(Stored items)
-- ===== src/Irc/Print.antt =====
-- What the client formats into its message buffer.
use fx_ip.Base.{
  List, Mem, [], ap, arith, blit, length, peek, peek-blit, snprintf, suc, take_all, ℕ, ◌++◌, ◌∷◌,
  ◌≡◌, ◌≤◌,
}
use fx_ip.Irc.{Irc, clipped, message_size, print_said, said, write_page}
use fx_ip.Irc.Strings.{At-append}
use fx_ip.Ui.{page_irc_channel}

-- A text that fits is formatted as it is.
pub snprintf_lem :
    (m : Mem) (size : ℕ) (text : List ℕ)
    → length text ≤ size
    → snprintf m (suc size) text ≡ (length text, blit m 0 (text ++ (0 ∷ [])))
unfolding snprintf
snprintf_lem m size text h =
    ap (λ t. (length text, blit m 0 (t ++ (0 ∷ [])))) (take_all size text h)

pub snprintf_peek :
    (m : Mem) (text : List ℕ) → peek (blit m 0 (text ++ (0 ∷ []))) 0 (length text) ≡ text
snprintf_peek m text =
    (At-append (blit m 0 (text ++ (0 ∷ []))) 0 text (0 ∷ []) (peek-blit m 0 (text ++ (0 ∷ [])))).0

pub clipped_lem : (n : ℕ) → n ≤ message_size → clipped n ≡ n
clipped_lem n h = omega arith

-- the client after it has logged this line for the channel
abbrev pub printed : List ℕ → Irc → Irc
printed text s = record s {
  messagebuffer = blit s.messagebuffer 0 (text ++ (0 ∷ []));
  printflength = length text;
}

pub print_said_lem :
    (name text : List ℕ) (s : Irc)
    → length (said name text) ≤ 254
    → print_said name text s
      ≡ write_page page_irc_channel (said name text) (printed (said name text) s)
unfolding print_said
print_said_lem name text s h =
    let n : ℕ = length (said name text) in
    rw (snprintf_lem s.messagebuffer 254 (said name text) h, clipped_lem n (omega arith))
      (ap (λ t. write_page page_irc_channel t (printed (said name text) s))
        (snprintf_peek s.messagebuffer (said name text)))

**YOUR ASSIGNMENT**: Once the line with "(ap (λ t. write_page" is found, write out that line and every one after it through the last line of the records, exactly and with nothing else.

**EXPECTED OUTPUT**:
      (ap (λ t. write_page page_irc_channel t (printed (said name text) s))
        (snprintf_peek s.messagebuffer (said name text)))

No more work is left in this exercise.